[Records from a data collection]
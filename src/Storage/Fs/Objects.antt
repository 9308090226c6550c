-- ===== src/Storage/Fs/Objects.antt =====
-- What `FsStorageProvider` of crates/freighter-storage/src/fs.rs keeps, and which paths it refuses.
use freighter.Base.{
  ◌≡◌, ◌↔◌, ◌⊎◌, refl, inl, inr, ℕ, true, false, Option, List, [], ◌∷◌, ◌++◌, Text, text_beq_iff,
  Bytes, Result, ok, Bool-cases, Option-cases, Result-cases, arith, some, err, map_err, none, codes,
}
use freighter.Base.Acts.{◌>>=◌}
use freighter.Types.Error.{StorageError}
use freighter.Storage.Metadata.{Metadata}
use freighter.Storage.Fs.{
  io, FilePath, FileSystem, path_of, join, is_prefix, starts_with, parent, abs_path, read_file,
  write_file, or_drop, pull_file, put_file, delete_file, invalid_path, list_prefix, append_dir,
  storage_of_io,
}

is_prefix-append : (ps more : List Text) → is_prefix ps (ps ++ more) ≡ true
unfolding is_prefix
is_prefix-append [] more = refl
is_prefix-append (p ∷ ps) more = ground (arith, text_beq_iff p p, is_prefix-append ps more)

starts_with-join :
    (root path : FilePath) → path.absolute ≡ false → starts_with (join root path) root ≡ true
unfolding join
starts_with-join root path relative =
    let inside = is_prefix-append root.components path.components in
    elim (Bool-cases root.absolute) [ inl top ↦ ground arith | inr bottom ↦ ground arith ]

-- `abs_path` gives the root joined with the path, and accepts exactly the relative paths, whatever
-- their components are, and those that begin with the components of the root.
abs_path_iff :
    (root path q : FilePath)
    → (abs_path root path ≡ ok q)
      ↔ ((join root path ≡ q) × ((path.absolute ≡ false) ⊎ (starts_with path root ≡ true)))
unfolding abs_path join
abs_path_iff root path q = elim (Bool-cases path.absolute) [
  | inr relative ↦
      let below = starts_with-join root path relative in
      (λ h. (ground arith, inl relative), λ h. ground arith)
  | inl absolute ↦
      let same : join root path ≡ path = ground arith in
      elim (Bool-cases (starts_with path root)) [
        | inl below ↦ (λ h. (ground arith, inr below), λ h. ground arith)
        | inr outside ↦ (λ h. absurd (ground arith), λ h. absurd (refused h.1 absolute outside))
      ]
]
  where
    refused :
        (path.absolute ≡ false) ⊎ (starts_with path root ≡ true)
        → path.absolute ≡ true
        → starts_with path root ≡ false
        → ⊥
    refused (inl relative) absolute outside = ground arith
    refused (inr below) absolute outside = ground arith

absolute_join : (root path : FilePath) → path.absolute ≡ true → join root path ≡ path
unfolding join
absolute_join root path h = ground arith

abs_path-err :
    (root path : FilePath) (e : StorageError)
    → abs_path root path ≡ err e
    → (path.absolute ≡ true) × (starts_with path root ≡ false) × (e ≡ invalid_path)
unfolding abs_path join
abs_path-err root path e h = elim (Bool-cases path.absolute) [
  | inr relative ↦ let below = starts_with-join root path relative in absurd (ground arith)
  | inl absolute ↦ elim (Bool-cases (starts_with path root)) [
    | inl below ↦ absurd (ground arith)
    | inr outside ↦ (absolute, outside, ground arith)
  ]
]

-- What is relied on of the file system: `Holds tmp bytes w` says that the temporary file `tmp` holds
-- these bytes. Writing them to one that was just made makes it so, and after it was renamed they are read.
pub record IsFileSystem (M : FileSystem) : Type 1 where
  pub Holds : FilePath → Bytes → M.World → Type 0
  pub written :
      (folder tmp : FilePath) (bytes : Bytes) (w w' w'' : M.World)
      → M.new_temp_in folder w ≡ (ok tmp, w')
      → M.write_all tmp bytes w' ≡ (ok tt, w'')
      → Holds tmp bytes w''
  pub persisted :
      (tmp path : FilePath) (bytes : Bytes) (w w' : M.World)
      → Holds tmp bytes w
      → M.persist tmp path w ≡ (ok tt, w')
      → (time : Option ℕ) × (read_file M path w'
          ≡ ok (record { last_modified = time; «data» = bytes }))

module _ (M : FileSystem) (machine : IsFileSystem M) where
  write_file_ok :
      (path folder : FilePath) (bytes : Bytes) (w w' : M.World)
      → write_file M path folder bytes w ≡ (ok tt, w')
      → (time : Option ℕ) × (read_file M path w'
          ≡ ok (record { last_modified = time; «data» = bytes }))
  unfolding write_file or_drop ◌>>=◌
  write_file_ok path folder bytes w w' h =
      let made : Result StorageError (Unit {0}) × M.World = elim (M.exists folder w) [
        | true ↦ (ok tt, w)
        | false ↦ io M (M.create_dir_all folder) w
      ] in
      elim (Result-cases made.0) [
        | inr (e, failed) ↦ absurd (ground arith)
        | inl (_, there) ↦ elim (Result-cases (M.new_temp_in folder made.1).0) [
          | inr (e, failed) ↦ absurd (ground arith)
          | inl (tmp, fresh) ↦
              let w2 = (M.new_temp_in folder made.1).1 in
              elim (Result-cases (M.write_all tmp bytes w2).0) [
                | inr (e, failed) ↦ absurd (ground arith)
                | inl (_, full) ↦
                    let w3 = (M.write_all tmp bytes w2).1 in
                    elim (Result-cases (M.persist tmp path w3).0) [
                      | inr (e, failed) ↦ absurd (ground arith)
                      | inl (_, kept) ↦
                          machine.persisted tmp path bytes w3 w'
                            (machine.written folder tmp bytes made.1 w2 w3 (ground arith)
                              (ground arith))
                            (ground arith)
                    ]
              ]
        ]
      ]

  -- Over a file system on which a temporary file holds what was written to it, and a file that was
  -- renamed from one is read as that one, a file that `put_file` has stored with success is pulled
  -- with the same bytes.
  pub pull_file-put_file :
      (root : FilePath) (path : Text) (bytes : Bytes) (meta : Metadata) (w w' : M.World)
      → put_file M root path bytes meta w ≡ (ok tt, w')
      → (time : Option ℕ) × (pull_file M root path w'
          ≡ ok (record { last_modified = time; «data» = bytes }))
  unfolding put_file pull_file ◌>>=◌
  pull_file-put_file root path bytes meta w w' h =
      elim (Result-cases (abs_path root (path_of path))) [
        | inr (e, refused) ↦ absurd (ground arith)
        | inl (q, allowed) ↦ elim (Option-cases (parent q)) [
          | inl top ↦ absurd (ground arith)
          | inr (folder, below) ↦
              let (time, read) = write_file_ok q folder bytes w w' (ground arith) in
              let same = ((abs_path_iff root (path_of path) q).0 allowed).0 in
              (time, ground (arith, read, same))
        ]
      ]

-- What the methods make of a path, on every branch of the check that three of them make.
module _ (M : FileSystem) (root : FilePath) (path : Text) (bytes : Bytes) (meta : Metadata)
    (w : M.World) where
  -- The path is absolute and not below the root: only `pull_file` goes there.
  abbrev pub Outside : Type 0
  Outside =
      ((path_of path).absolute ≡ true)
      × (starts_with (path_of path) root ≡ false)
      × (put_file M root path bytes meta w ≡ (err invalid_path, w))
      × (delete_file M root path w ≡ (err invalid_path, w))
      × (list_prefix M root path w ≡ err invalid_path)
      × (pull_file M root path w ≡ map_err storage_of_io (read_file M (path_of path) w))

  -- `put_file` behind the check: in the parent directory, or a panic if there is none.
  abbrev pub Written : Type 0
  Written =
      ((folder : FilePath) × (parent (join root (path_of path)) ≡ some folder)
        × (put_file M root path bytes meta w
            ≡ write_file M (join root (path_of path)) folder bytes w))
      ⊎ ((parent (join root (path_of path)) ≡ none)
          × (put_file M root path bytes meta w
              ≡ (err (StorageError.service_error (codes "panicked" ∷ [])), w)))

  -- The path is relative or begins as the root does: all methods go to the root joined with it.
  abbrev pub Inside : Type 0
  Inside =
      (((path_of path).absolute ≡ false) ⊎ (starts_with (path_of path) root ≡ true))
      × Written
      × (delete_file M root path w ≡ io M (M.remove_file (join root (path_of path))) w)
      × (list_prefix M root path w ≡ append_dir (M.read_dir (join root (path_of path)) w) [])
      × (pull_file M root path w ≡ map_err storage_of_io (read_file M (join root (path_of path)) w))

  -- An absolute path that does not begin with the components of the root is refused by `put_file`,
  -- `delete_file` and `list_prefix`, which change nothing, whereas `pull_file` reads what lies
  -- there; with every other path, relative ones whatever their components are, all four go to the
  -- root joined with it (where `put_file` panics if that has no parent).
  pub path_access : Outside ⊎ Inside
  unfolding put_file delete_file list_prefix pull_file ◌>>=◌
  path_access =
      let p = path_of path in
      elim (Result-cases (abs_path root p)) [
        | inl (q, allowed) ↦
            let (same, why) = (abs_path_iff root p q).0 allowed in
            let written : Written = elim (Option-cases (parent q)) [
              | inl top ↦ inr (ground (arith, same), ground (arith, same))
              | inr (folder, below) ↦ inl (folder, ground (arith, same), ground (arith, same))
            ] in
            inr (why, written, ground (arith, same), ground (arith, same), refl)
        | inr (e, refused) ↦
            let (absolute, outside, why) = abs_path-err root p e refused in
            let there : join root p ≡ p = absolute_join root p absolute in
            inl (
              absolute,
              outside,
              ground (arith, why),
              ground (arith, why),
              ground (arith, why),
              rw there refl,
            )
      ]
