-- ===== src/Storage/S3.antt =====
-- `S3StorageProvider` of crates/freighter-storage/src/s3_client.rs, over the S3 client.
pub mod Objects
pub mod Health
use freighter.Base.{
  ℕ, zero, suc, Option, none, some, List, [], ◌∷◌, ◌++◌, Text, text_eq, text_beq, codes, Bytes,
  Result, ok, err, length, map_err, if◌then◌else◌,
}
use freighter.Base.Acts.{Act}
use freighter.Base.Dict.{Dict}
use freighter.Types.Error.{AnyError, context, StorageError, any_of_storage}
use freighter.Storage.Metadata.{Metadata, default_metadata, FileResponse, MetadataStorage}
use freighter.Storage.Crates.{StorageProvider}

-- What a request for an object comes back with: the body may still fail to arrive.
pub record Object : Type 0 where
  pub last_modified : Option ℕ
  pub body : Result AnyError Bytes

pub data GetError : Type 0 where
  no_such_key : GetError
  other : AnyError → GetError

-- What is set on a request that puts an object.
pub record PutRequest : Type 0 where
  pub content_length : Option ℕ
  pub content_type : Option Text
  pub cache_control : Option Text
  pub checksum_sha256 : Option Text
  pub metadata : Dict Text Text

-- `aws_sdk_s3` at one bucket, and the encodings `base64` and `hex`.
pub record Client : Type 1 where
  pub State : Type 0
  pub get_object : Text → State → Result GetError Object
  pub put_object : Text → Bytes → PutRequest → Act State AnyError (Unit {0})
  pub delete_object : Text → Act State AnyError (Unit {0})
  pub list_objects : Text → State → Result AnyError (List Text)
  pub base64 : Bytes → Text
  pub hex : Bytes → Text

-- `Result::or`
abbrev or_else : {E A : Type 0} → Result E A → Result E A → Result E A
or_else (ok a) r = ok a
or_else (err e) r = r

module _ (C : Client) where
  unfoldable pub pull_object : Text → C.State → Result StorageError FileResponse
  pull_object path s = elim (C.get_object path s) [
    | err GetError.no_such_key ↦ err StorageError.not_found
    | err (GetError.other e) ↦
        err (StorageError.service_error (context (codes "Storage response error") e))
    | ok resp ↦ elim resp.body [
      | err e ↦ err (StorageError.service_error (context (codes "Error while retrieving body") e))
      | ok bytes ↦ ok (record { last_modified = resp.last_modified; «data» = bytes })
    ]
  ]

  -- The fields of `Metadata` that a request carries.
  abbrev pub put_request : Metadata → PutRequest
  put_request meta = record {
    content_length = meta.content_length;
    content_type = meta.content_type;
    cache_control = meta.cache_control;
    checksum_sha256 = elim meta.sha256 [ none ↦ none | some sha ↦ some (C.base64 sha) ];
    metadata = meta.kv;
  }

  unfoldable pub put_object : Text → Bytes → Metadata → Act C.State StorageError (Unit {0})
  put_object path bytes meta s =
      let (r, s') = C.put_object path bytes (put_request meta) s in
      (map_err (λ e. StorageError.service_error (context (codes "Failed to put file") e)) r, s')

  unfoldable pub delete_object : Text → Act C.State StorageError (Unit {0})
  delete_object path s =
      let (r, s') = C.delete_object path s in
      (map_err (λ e. StorageError.service_error (context (codes "Failed to delete file") e)) r, s')

  -- The loop of `healthcheck`, with the rounds that are left.
  unfoldable pub check_rounds : ℕ → Text → Act C.State AnyError (Unit {0})
  check_rounds zero path s =
      (err (codes "successfully put object but saw NotFound on pull 3 times" ∷ []), s)
  check_rounds (suc n) path s =
      let (put, s') =
        put_object path (codes "ok")
          (record default_metadata { content_type = some (codes "text/plain") }) s in
      let rest = check_rounds n path s' in
      elim (pull_object path s) [
        | ok obj ↦
            if text_beq obj.«data» (codes "ok")
            then (ok tt, s)
            else (err (codes "wrong data" ∷ []), s)
        | err StorageError.not_found ↦ elim put [
          | ok _ ↦ rest
          | err e ↦ (err (any_of_storage e), s')
        ]
        | err (StorageError.service_error e) ↦
            (err (any_of_storage (StorageError.service_error e)), s)
      ]

  unfoldable pub check_bucket : Text → Act C.State AnyError (Unit {0})
  check_bucket path = check_rounds 3 path

  unfoldable pub list_prefix : Text → C.State → Result StorageError (List Text)
  list_prefix prefix s =
      map_err (λ e. StorageError.service_error (context (codes "failed to list all files") e))
        (C.list_objects prefix s)

  -- The path that crates were once stored under, and the one with the digest.
  unfoldable pub construct_paths : Text → Text → Bytes → Text × Text
  construct_paths name version checksum = (
    codes "crates/" ++ (name ++ (codes "-" ++ (version ++ codes ".crate"))),
    codes "crates/"
        ++ (name ++ (codes "-" ++ (version ++ (codes "_" ++ (C.hex checksum ++ codes ".tar.gz"))))),
  )

  unfoldable pub pull_crate : Text → Text → Bytes → C.State → Result StorageError FileResponse
  pull_crate name version checksum s =
      let (old_path, new_path) = construct_paths name version checksum in
      elim (pull_object new_path s) [
        | ok res ↦ ok res
        | err first_err ↦ elim (pull_object old_path s) [ ok res ↦ ok res | err _ ↦ err first_err ]
      ]

  unfoldable pub put_crate : Text → Text → Bytes → Bytes → Act C.State StorageError (Unit {0})
  put_crate name version bytes checksum =
      put_object (construct_paths name version checksum).1 bytes (record {
        content_type = some (codes "application/x-tar");
        content_length = some (length bytes);
        cache_control = some (codes "public,immutable");
        content_encoding = none;
        sha256 = some checksum;
        kv = [];
      })

  -- The two requests run side by side; here the first comes first.
  unfoldable pub delete_crate : Text → Text → Bytes → Act C.State StorageError (Unit {0})
  delete_crate name version checksum s =
      let (old_path, new_path) = construct_paths name version checksum in
      let (res1, s1) = delete_object new_path s in
      let (res2, s2) = delete_object old_path s1 in (or_else res1 res2, s2)

  -- `impl MetadataStorageProvider for S3StorageProvider`
  abbrev pub s3_files : MetadataStorage
  s3_files = record {
    State = C.State;
    pull_file = pull_object;
    put_file = put_object;
    delete_file = delete_object;
    list_prefix = list_prefix;
    healthcheck = check_bucket (codes ".healthcheck-meta");
  }

  -- `impl StorageProvider for S3StorageProvider`
  abbrev pub s3_crates : StorageProvider
  s3_crates = record {
    State = C.State;
    pull_crate = λ name version checksum s. (pull_crate name version checksum s, s);
    put_crate = put_crate;
    delete_crate = delete_crate;
    healthcheck = check_bucket (codes ".healthcheck-data");
  }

YOUR TASK:
Once you find the string "IsFileSystem" in a line of the records, copy that line.

THE ANSWER:
pub record IsFileSystem (M : FileSystem) : Type 1 where
module _ (M : FileSystem) (machine : IsFileSystem M) where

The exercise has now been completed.